Browse Investing

Yield to Worst

Yield to worst is the lowest non-default yield from a bond's maturity, call, or other contractual redemption outcomes.

Yield to worst, often shortened to YTW, is the lowest yield an investor could receive from a bond across the contractual redemption outcomes being tested, assuming the issuer does not default.

YTW is most useful for callable, putable, amortizing, or sinking-fund bonds because the investor’s return can depend on which redemption path occurs. It keeps a bond screen from showing only the most favorable yield.

Core Idea

To estimate yield to worst, calculate the relevant redemption yields and select the lowest non-default result.

$$ \text{YTW} = \min(\text{YTM}, \text{YTC}_1, \text{YTC}_2, \ldots) $$

SVG diagram showing yield to worst as the lowest yield selected from maturity and call-date scenarios.

The exact candidate set depends on the bond. A plain noncallable bond may only need yield to maturity. A callable premium bond may need first-call, next-call, make-whole, sinking-fund, and maturity scenarios.

Why It Matters

Yield to worst matters because a high coupon or high yield to maturity can mask unfavorable redemption economics. If the issuer can redeem a bond early, the investor should understand the least favorable contractual yield before treating the quoted yield as attractive.

YTW helps investors:

  • screen callable bonds conservatively
  • avoid overstating return on premium bonds
  • compare bonds with different call schedules
  • identify whether call risk, not default risk, is the main downside to the quoted yield
  • separate income yield from total-return yield
  • document which redemption scenario drives the displayed yield

Practical Example

Suppose a callable bond has these model yields:

ScenarioModeled yield
Yield to maturity5.8%
Yield to first call4.9%
Yield to second call5.1%

The yield to worst is 4.9% because first-call yield is the lowest non-default yield in the tested set.

This does not mean the first call is certain. It means the investor should not ignore that contractual path when comparing the bond with alternatives.
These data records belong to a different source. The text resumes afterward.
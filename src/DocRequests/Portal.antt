-- ===== src/DocRequests/Portal.antt =====
-- What a candidate does through the link: handing in a document, and confirming what was read off it.
use circle_core.Prelude.{
  ℕ, Bool, true, false, ◌&&◌, ◌||◌, not, Option, none, some, List, [], ◌∷◌, ◌++◌, ◌*◌,
  if◌then◌else◌, ltb, leb, ◌==◌, keep_if, map, take,
}
use circle_core.Text.{Text, codes, text_eq, strip, is_empty}
use circle_core.Text.Ops.{ends_with}
use circle_core.Resources.{Rows, find, upsert}
use circle_core.DocRequests.{
  Extraction, Submission, DocRequest, Document, Tables, Upload, Outside, is_in, is_expired,
  has_consent, signed_letter_docs, or_else, is_fully_submitted, needs_consent, is_verified,
  find_submission, change_submission,
}

-- The answer: a submission, or the error that was raised.
pub data Answer : Type 0 where
  submitted : Submission → Answer
  not_found : Answer
  invalid : Answer

pub record Step : Type 0 where
  pub answer : Answer
  pub tables : Tables

abbrev pub fail : Answer → Tables → Step
fail why tables = record { answer = why; tables = tables }

-- `_safe_name` of app/api/routes/documents.py.
unfoldable pub is_safe : ℕ → Bool
is_safe c =
    (leb b'A' c && leb c b'Z')
    || ((leb b'a' c && leb c b'z')
        || ((leb b'0' c && leb c b'9') || ((c == b'.') || ((c == b'_') || (c == b'-')))))

-- `s.strip("_")`, each end in turn.
unfoldable pub lstrip_line : Text → Text
lstrip_line [] = []
lstrip_line (c ∷ s) = let rest = lstrip_line s in if c == b'_' then rest else c ∷ s

unfoldable pub rstrip_line : Text → Text
rstrip_line [] = []
rstrip_line (c ∷ s) = elim (rstrip_line s) [
  | [] ↦ if c == b'_' then [] else c ∷ []
  | d ∷ t ↦ c ∷ d ∷ t
]

unfoldable pub safe_name : Text → Text
unfolding is_safe lstrip_line rstrip_line or_else
safe_name name =
    let sure = map (λ c. if is_safe c then c else b'_') name in
    or_else (take 120 (rstrip_line (lstrip_line sure))) (codes "file")

abbrev allowed_types : List Text
allowed_types =
    codes "application/pdf"
    ∷ codes "application/msword"
    ∷ codes "application/vnd.openxmlformats-officedocument.wordprocessingml.document"
    ∷ []

-- Whether a file passes for a signed letter by its type or its name.
unfoldable pub is_letter_file : Outside → Upload → Bool
unfolding is_in ends_with
is_letter_file w file =
    let name = w.lower file.filename in
    is_in file.content_type allowed_types
    || (ends_with name (codes ".pdf")
        || (ends_with name (codes ".doc") || ends_with name (codes ".docx")))

-- The checks on the request, and the checks on the file, that `upload_request_document` makes before
-- it stores anything.
unfoldable pub accepts_type : Outside → Text → DocRequest → Bool
unfolding is_expired has_consent needs_consent is_in find_submission is_verified
accepts_type w doc_type request =
    let is_locked : Bool = elim (find_submission doc_type request.submissions) [
      | none ↦ false
      | some s ↦ is_verified s.status
    ] in
    if is_expired w request
    then false
    else if needs_consent request && not (has_consent request)
    then false
    else if not (is_empty request.required_docs) && not (is_in doc_type request.required_docs)
    then false
    else not is_locked

unfoldable pub accepts_file : Outside → Text → Upload → Bool
unfolding is_in is_letter_file
accepts_file w doc_type file =
    if file.size == 0
    then false
    else if ltb (w.max_upload_mb * 1024 * 1024) file.size
    then false
    else if is_in doc_type signed_letter_docs
    then is_letter_file w file && leb file.size (5 * 1024 * 1024)
    else true

unfoldable pub document_of : Outside → Text → Text → DocRequest → Text → Upload → Document
unfolding or_else safe_name
document_of w token doc_id request doc_type file =
    let entity_id = or_else request.candidate_id token in
    let entity_type = or_else request.entity_type (codes "candidate") in
    let filename = or_else file.filename (codes "file") in
    record {
      entity_type = entity_type;
      entity_id = entity_id;
      category = doc_type;
      file_name = filename;
      content_type = file.content_type;
      size = file.size;
      storage_key =
          codes "documents/"
          ++ (entity_type
              ++ (codes "/"
                  ++ (entity_id ++ (codes "/" ++ (doc_id ++ (codes "_" ++ safe_name filename))))));
      uploaded_at = w.now_text;
    }

unfoldable pub submission_of : Outside → Text → Text → Upload → Submission
unfolding or_else
submission_of w doc_id doc_type file = record {
  doc_type = doc_type;
  document_id = doc_id;
  file_name = or_else file.filename (codes "file");
  size = file.size;
  uploaded_at = w.now_text;
  status = codes "Submitted";
  extraction = w.extract doc_type file;
  reviewed_at = [];
  review_reason = [];
}

-- The request with the submission, in the place of any other of its type.
unfoldable pub add_submission : Outside → Submission → DocRequest → DocRequest
unfolding is_fully_submitted is_verified
add_submission w s request =
    let others = keep_if (λ x. not (text_eq x.doc_type s.doc_type)) request.submissions in
    let submissions = others ++ (s ∷ []) in
    let is_complete = is_fully_submitted request (map (λ x. x.doc_type) submissions) in
    record request {
      submissions = submissions;
      status =
          if is_complete && not (is_verified request.status)
          then codes "Submitted"
          else request.status;
      updated_at = w.now_text;
    }

unfoldable pub upload_request_document : Outside → Text → Text → Text → Upload → Tables → Step
unfolding find upsert accepts_type accepts_file document_of submission_of add_submission
upload_request_document w doc_id token doc_type file tables = elim (find token tables.requests) [
  | none ↦ fail not_found tables
  | some request ↦
      let s = submission_of w doc_id doc_type file in
      let stored = record tables {
        requests = upsert token (add_submission w s request) tables.requests;
        documents =
            upsert doc_id (document_of w token doc_id request doc_type file) tables.documents;
      } in
      if accepts_type w doc_type request && accepts_file w doc_type file
      then record { answer = submitted s; tables = stored }
      else fail invalid tables
]

-- `_apply_candidate_edits`
unfoldable pub apply_candidate_edits : List Text → Rows Text → Rows Text → Rows Text
unfolding is_in upsert
apply_candidate_edits protected merged [] = merged
apply_candidate_edits protected merged ((key, value) ∷ edits) =
    let kept = apply_candidate_edits protected merged edits in
    let changed = apply_candidate_edits protected (upsert key (strip value) merged) edits in
    if is_in key protected then kept else changed

-- The values confirmed, with the corrections if there are any.
unfoldable pub confirmed : Outside → Option (Rows Text) → Extraction → Extraction
unfolding apply_candidate_edits
confirmed w none e = record e { candidate_confirmed_at = w.now_text }
confirmed w (some edits) e = record e {
  fields = apply_candidate_edits e.validated_fields e.fields edits;
  edited_by_candidate = true;
  candidate_confirmed_at = w.now_text;
}

unfoldable pub confirm_document :
    Outside
    → Text
    → Option (Rows Text)
    → DocRequest
    → Submission
    → Extraction
    → Tables
    → Text
    → Step
unfolding confirmed change_submission upsert
confirm_document w doc_type edits request s e tables token =
    let confirm = λ (x : Submission). record x { extraction = some (confirmed w edits e) } in
    let changed = record request {
      submissions = change_submission doc_type confirm request.submissions;
      updated_at = w.now_text;
    } in
    record {
      answer = submitted (confirm s);
      tables = record tables { requests = upsert token changed tables.requests };
    }

unfoldable pub confirm_submission : Outside → Text → Text → Option (Rows Text) → Tables → Step
unfolding find is_expired find_submission is_verified confirm_document
confirm_submission w token doc_type edits tables = elim (find token tables.requests) [
  | none ↦ fail not_found tables
  | some request ↦
      let found : Step = elim (find_submission doc_type request.submissions) [
        | none ↦ fail not_found tables
        | some s ↦
            let read : Step = elim s.extraction [
              | none ↦ fail invalid tables
              | some e ↦ confirm_document w doc_type edits request s e tables token
            ] in
            if is_verified s.status then fail invalid tables else read
      ] in
      if is_expired w request then fail invalid tables else found
]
MeasureWhat it answersBest useMain limitation
Current YieldHow much coupon income is bought at today’s price?Income snapshotIgnores redemption gain or loss
Yield to MaturityWhat if the bond stays outstanding to maturity?Plain-bond comparisonCan be optimistic for callable bonds
Yield to CallWhat if the bond is redeemed on one call date?Call-scenario analysisDoes not automatically choose the lowest scenario
Yield to WorstWhat is the lowest relevant non-default redemption yield?Conservative callable-bond screeningNot a probability-weighted expected return

YTW is a guardrail. It is not a substitute for credit analysis, duration analysis, liquidity review, or tax analysis.

What To Verify

Before using YTW in a decision, verify:

  • every call date and call price included in the calculation
  • whether put, sinking-fund, amortization, make-whole, or extraordinary redemption provisions apply
  • whether the system calculates YTW to first call, next call, worst call, maturity, or another convention
  • current price, accrued interest, trade date, settlement date, and day-count convention
  • whether the displayed yield is from executed trade data, an executable quote, or stale screen data
  • whether taxes, fees, bid-ask spread, markups, or lot size change the realized outcome
  • whether the lowest yield is economically plausible or merely a remote contractual edge case

The key control is reproducibility: an analyst should be able to trace the displayed YTW back to the security terms, price, date, and redemption scenario.

Public Source Checks

Useful public references include:

These sources help confirm public convention. A decision-grade YTW still requires the bond’s legal documents, price source, settlement assumptions, and portfolio constraints.

When Yield to Worst Misleads

YTW can mislead when:

  • the calculation omits a relevant call or sinking-fund date
  • a screen vendor uses a different redemption convention than the analyst assumes
  • the lowest contractual yield is economically implausible but presented as the base case
  • default risk, downgrade risk, liquidity risk, or tax drag dominates redemption risk
  • current yield is compared with YTW as if both answered the same question
  • the bond is floating-rate, defaulted, distressed, perpetual, or structurally complex enough that standard yield fields are not meaningful

Use YTW as a conservative comparison point, then decide whether the worst contractual path is plausible enough to drive allocation, sizing, or hold/sell decisions.

FAQs

Why do callable bonds often show yield to worst?

Because yield to worst prevents the investor from relying only on maturity yield when the issuer may have the right to redeem the bond earlier.

Is yield to worst a default-loss measure?

No. YTW assumes the issuer performs. It compares contractual redemption yields and does not model credit losses from default.

Is yield to worst always the expected return?

No. It is the lowest tested contractual yield, not a probability-weighted forecast. The analyst still has to judge whether the worst scenario is likely enough to drive the decision.